What is needed → Print word for word the first line of the records below and every following line through the one containing "ending_of key s = Option.map"; print nothing else.

↓

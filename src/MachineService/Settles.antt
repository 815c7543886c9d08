-- ===== src/MachineService/Settles.antt =====
-- How an operation of internal/application/machineservice/service.go ends, where every call of the
-- database goes through.
use talos_app.Prelude.{
  some-injective, ◌≡◌, refl, sym, ap, ◌∙◌, Bool, true, false, Option, none, some, List, [], ◌∷◌,
  ◌++◌, ◌==◌, ==_self, find, String, suc, arith, Bool-cases, inl, inr, str_eq-refl,
}
use mathlib.Core.Option
use talos_app.Shared.{Uuid, is, touch, no_timestamps, Text}
use talos_app.Exec.{Exec, Result, ok, ◌>>=◌}
use talos_app.Domain.Machine.{Machine}
use talos_app.Domain.Operation.{Operation, Kind, Status}
use talos_app.Platform.{Platform, World, IsHealthy, call}
use talos_app.Platform.Rows.{update_rows, affects}
use talos_app.Platform.Rows.Append.{find-append, affects-append}
use talos_app.MachineRepo.{
  machine_has_id, op_has_id, op_has_key, op_clashes, set_operation, get_machine,
  get_operation_by_key, create_operation, update_operation,
}
use talos_app.MachineService.{
  Service, started, new_operation, end_status, end_text, failure, ended, begin_new, begin_found,
  begin_operation, finish_operation, run_begun, run_operation,
}

module _ {A : Type 0} where
  -- The row that `q` finds, where the update that `p` selects reaches it and keeps what `q` reads.
  find-update_hit :
      (p q : A → Bool) (f : A → A) (xs : List A) (x : A)
      → ((y : A) → q (f y) ≡ q y)
      → find q xs ≡ some x
      → p x ≡ true
      → find q (update_rows p f xs) ≡ some (f x)
  unfolding find update_rows
  find-update_hit p q f [] x k n h = ground arith
  find-update_hit p q f (y ∷ ys) x k n h = elim (Bool-cases (q y)) [
    | inl b ↦
        let e = some-injective y x (rw b at n) in
        let b' : q x ≡ true = ap q (sym e) ∙ b in rw (e, h) (rw (k x ∙ b'))
    | inr b ↦ elim (Bool-cases (p y)) [
      | inl c ↦ rw (c, k y ∙ b) (find-update_hit p q f ys x k (rw b at n) h)
      | inr c ↦ rw (c, b) (find-update_hit p q f ys x k (rw b at n) h)
    ]
  ]

-- The status and the result of the operation that is stored for a key.
abbrev pub ending_of : {X : Type 0} → String → Platform X → Option (Status × Text)
ending_of key s = Option.map (λ o. (o.status, o.result)) (find (op_has_key key) s.db.operations)

module _ {X : Type 0} (w : World) (svc : Service X) (h : IsHealthy w)
    (work : Machine → Exec (Platform X) (Unit {0})) (kind : Kind) (machine by : Uuid) (key : String)
    (m : Machine) (s : Platform X) where
  -- The operation as it is first stored, and the platform on which the work is done.
  abbrev pub recorded : Operation
  recorded =
      record (new_operation (w.fresh (suc (suc (suc s.calls)))) key kind m machine by
        (w.time (suc (suc s.calls)))) {
          timestamps = touch (w.time (suc (suc (suc (suc s.calls))))) no_timestamps;
        }

  abbrev pub at_work : Platform X
  at_work = record s {
    db = record s.db { operations = s.db.operations ++ recorded ∷ [] };
    calls = suc (suc (suc (suc (suc (suc s.calls)))));
  }

  begin-healthy :
      find (machine_has_id machine) s.db.machines ≡ some m
      → find (op_has_key key) s.db.operations ≡ none
      → (w.fresh (suc (suc (suc s.calls))) == 0) ≡ false
      → op_clashes recorded s.db.operations ≡ false
      → begin_operation w svc kind machine by key s ≡ (ok (started recorded m), at_work)
  unfolding begin_operation begin_found begin_new get_machine get_operation_by_key create_operation
      new_operation is call ◌>>=◌
  begin-healthy f n z c =
      let k = suc (suc (suc (suc (suc s.calls)))) in
      rw (h s.calls, n, h (suc s.calls), f, z, h k, c) refl

  finish-healthy :
      (t : Platform X) (r : Result (Unit {0}))
      → affects (op_has_id recorded.id) t.db.operations ≡ true
      → let o = record (ended (w.time t.calls) r recorded) {
        timestamps = touch (w.time (suc t.calls)) recorded.timestamps;
      } in
        finish_operation w svc recorded r t ≡ (
          ok (o, failure r),
          record t {
            db = record t.db {
              operations = update_rows (op_has_id recorded.id) (set_operation o) t.db.operations;
            };
            calls = suc (suc (suc t.calls));
          },
        )
  unfolding finish_operation update_operation ended call ◌>>=◌
  finish-healthy t r a = rw (h (suc (suc t.calls)), a) refl

  -- Every call of the database goes through; the machine exists; no operation has the idempotency key
  -- or the identifier that is made for the new one, which is not the zero one; and the work, begun
  -- where the operation is stored, leaves the table of operations alone. Then the work is done once;
  -- the operation that is stored is SUCCEEDED with the result "ok", or FAILED with the error's text, as
  -- the work returned; the answer carries the work's error; and every other table, the systems outside
  -- and the messages are as the work left them.
  pub run_operation-settles :
      find (machine_has_id machine) s.db.machines ≡ some m
      → find (op_has_key key) s.db.operations ≡ none
      → (w.fresh (suc (suc (suc s.calls))) == 0) ≡ false
      → op_clashes recorded s.db.operations ≡ false
      → (work m at_work).1.db.operations ≡ at_work.db.operations
      → let r = (work m at_work).0 in
        let t = (work m at_work).1 in
        let s' = (run_operation w svc work kind machine by key s).1 in
        (op : Operation) × ((run_operation w svc work kind machine by key s).0 ≡ ok (op, failure r))
        × (op.status ≡ end_status r)
        × (ending_of key s' ≡ some (end_status r, end_text r))
        × (s'.db ≡ record t.db { operations = s'.db.operations })
        × (s'.outside ≡ t.outside)
        × (s'.dispatches ≡ t.dispatches)
  unfolding run_operation run_begun set_operation ended new_operation ◌>>=◌
  run_operation-settles f n z c apart =
      let t = (work m at_work).1 in
      let r = (work m at_work).0 in
      let a =
        ap (affects (op_has_id recorded.id)) apart
        ∙ affects-append (op_has_id recorded.id) s.db.operations recorded (==_self recorded.id) in
      let o = record (ended (w.time t.calls) r recorded) {
        timestamps = touch (w.time (suc t.calls)) recorded.timestamps;
      } in
      let row =
        find-update_hit (op_has_id recorded.id) (op_has_key key) (set_operation o) t.db.operations
          recorded (λ y. refl)
          (ap (find (op_has_key key)) apart
            ∙ find-append (op_has_key key) s.db.operations recorded n (str_eq-refl key))
          (==_self recorded.id) in
      rw (begin-healthy f n z c) (
        rw (finish-healthy t r a)
          (o, refl, refl, ap (Option.map (λ y. (y.status, y.result))) row, refl, refl, refl))
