-- ===== src/MachineService/Repeats.antt =====
-- Repeated requests of internal/application/machineservice/service.go.
use talos_app.Prelude.{
  some-injective, ◌≡◌, refl, ap, false, none, some, ◌==◌, find, String, suc, arith, inl, inr,
  Option-cases,
}
use talos_app.Shared.{Uuid, Text}
use talos_app.Exec.{Exec, ok, ◌>>=◌}
use talos_app.Domain.Machine.{Machine}
use talos_app.Domain.Operation.{Operation, Kind, Status}
use talos_app.Platform.{Platform, World, IsHealthy, call, tick}
use talos_app.MachineRepo.{machine_has_id, op_has_key, op_clashes, get_operation_by_key}
use talos_app.MachineService.{
  Service, end_status, end_text, begin_found, begin_operation, run_begun, run_operation,
}
use talos_app.MachineService.Settles.{recorded, at_work, ending_of, run_operation-settles}

stored_row :
    {X : Type 0} (key : String) (s : Platform X) (e : Status × Text)
    → ending_of key s ≡ some e
    → (op : Operation) × (find (op_has_key key) s.db.operations ≡ some op)
      × ((op.status, op.result) ≡ e)
stored_row key s e q = elim (Option-cases (find (op_has_key key) s.db.operations)) [
  | inl n ↦ (let c : none ≡ some e = rw n at q in ground (arith, c))
  | inr (op, n) ↦ (op, n, some-injective _ e (rw n at q))
]

module _ {X : Type 0} (w : World) (svc : Service X) (h : IsHealthy w) where
  run_operation-repeated :
      (work : Machine → Exec (Platform X) (Unit {0})) (kind : Kind) (machine by : Uuid)
      (key : String) (s : Platform X) (op : Operation)
      → find (op_has_key key) s.db.operations ≡ some op
      → run_operation w svc work kind machine by key s ≡ (ok (op, none), tick s)
  unfolding run_operation run_begun begin_operation begin_found get_operation_by_key call ◌>>=◌
  run_operation-repeated work kind machine by key s op f = rw (h s.calls, f) refl

  -- Every call of the database goes through. A first request is made on a machine that exists, with an
  -- idempotency key and a new identifier (not the zero one) that no operation has, and with work that
  -- leaves the table of operations alone. Then a request with the same key, of whatever kind, machine,
  -- user and work, does no work and moves nothing, and answers with the operation as the first request
  -- ended it, SUCCEEDED or FAILED as its work returned, and without an error.
  pub work_done_once :
      (work work' : Machine → Exec (Platform X) (Unit {0})) (kind kind' : Kind)
      (machine machine' by by' : Uuid) (key : String) (m : Machine) (s : Platform X)
      → find (machine_has_id machine) s.db.machines ≡ some m
      → find (op_has_key key) s.db.operations ≡ none
      → (w.fresh (suc (suc (suc s.calls))) == 0) ≡ false
      → op_clashes (recorded w svc h work kind machine by key m s) s.db.operations ≡ false
      → let before = at_work w svc h work kind machine by key m s in
        (work m before).1.db.operations ≡ before.db.operations
        → let r = (work m before).0 in
          let s' = (run_operation w svc work kind machine by key s).1 in
          (op : Operation) × (run_operation w svc work' kind' machine' by' key s'
            ≡ (ok (op, none), tick s'))
          × (op.status ≡ end_status r)
          × (op.result ≡ end_text r)
  work_done_once work work' kind kind' machine machine' by by' key m s f n z c apart =
      let s' = (run_operation w svc work kind machine by key s).1 in
      let (o, done, st, ending, tables, out, ds) =
        run_operation-settles w svc h work kind machine by key m s f n z c apart in
      let (op, found, same) = stored_row key s' _ ending in
      (
        op,
        run_operation-repeated work' kind' machine' by' key s' op found,
        ap (λ p. p.0) same,
        ap (λ p. p.1) same,
      )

↑

Output of the exercise →
filename src/MachineService/Settles.antt
repository 815c7543886c9d08
-- ===== src/MachineService/Settles.antt =====
-- How an operation of internal/application/machineservice/service.go ends, where every call of the
-- database goes through.
use talos_app.Prelude.{
  some-injective, ◌≡◌, refl, sym, ap, ◌∙◌, Bool, true, false, Option, none, some, List, [], ◌∷◌,
  ◌++◌, ◌==◌, ==_self, find, String, suc, arith, Bool-cases, inl, inr, str_eq-refl,
}
use mathlib.Core.Option
use talos_app.Shared.{Uuid, is, touch, no_timestamps, Text}
use talos_app.Exec.{Exec, Result, ok, ◌>>=◌}
use talos_app.Domain.Machine.{Machine}
use talos_app.Domain.Operation.{Operation, Kind, Status}
use talos_app.Platform.{Platform, World, IsHealthy, call}
use talos_app.Platform.Rows.{update_rows, affects}
use talos_app.Platform.Rows.Append.{find-append, affects-append}
use talos_app.MachineRepo.{
  machine_has_id, op_has_id, op_has_key, op_clashes, set_operation, get_machine,
  get_operation_by_key, create_operation, update_operation,
}
use talos_app.MachineService.{
  Service, started, new_operation, end_status, end_text, failure, ended, begin_new, begin_found,
  begin_operation, finish_operation, run_begun, run_operation,
}

module _ {A : Type 0} where
  -- The row that `q` finds, where the update that `p` selects reaches it and keeps what `q` reads.
  find-update_hit :
      (p q : A → Bool) (f : A → A) (xs : List A) (x : A)
      → ((y : A) → q (f y) ≡ q y)
      → find q xs ≡ some x
      → p x ≡ true
      → find q (update_rows p f xs) ≡ some (f x)
  unfolding find update_rows
  find-update_hit p q f [] x k n h = ground arith
  find-update_hit p q f (y ∷ ys) x k n h = elim (Bool-cases (q y)) [
    | inl b ↦
        let e = some-injective y x (rw b at n) in
        let b' : q x ≡ true = ap q (sym e) ∙ b in rw (e, h) (rw (k x ∙ b'))
    | inr b ↦ elim (Bool-cases (p y)) [
      | inl c ↦ rw (c, k y ∙ b) (find-update_hit p q f ys x k (rw b at n) h)
      | inr c ↦ rw (c, b) (find-update_hit p q f ys x k (rw b at n) h)
    ]
  ]

-- The status and the result of the operation that is stored for a key.
abbrev pub ending_of : {X : Type 0} → String → Platform X → Option (Status × Text)
ending_of key s = Option.map (λ o. (o.status, o.result)) (find (op_has_key key) s.db.operations)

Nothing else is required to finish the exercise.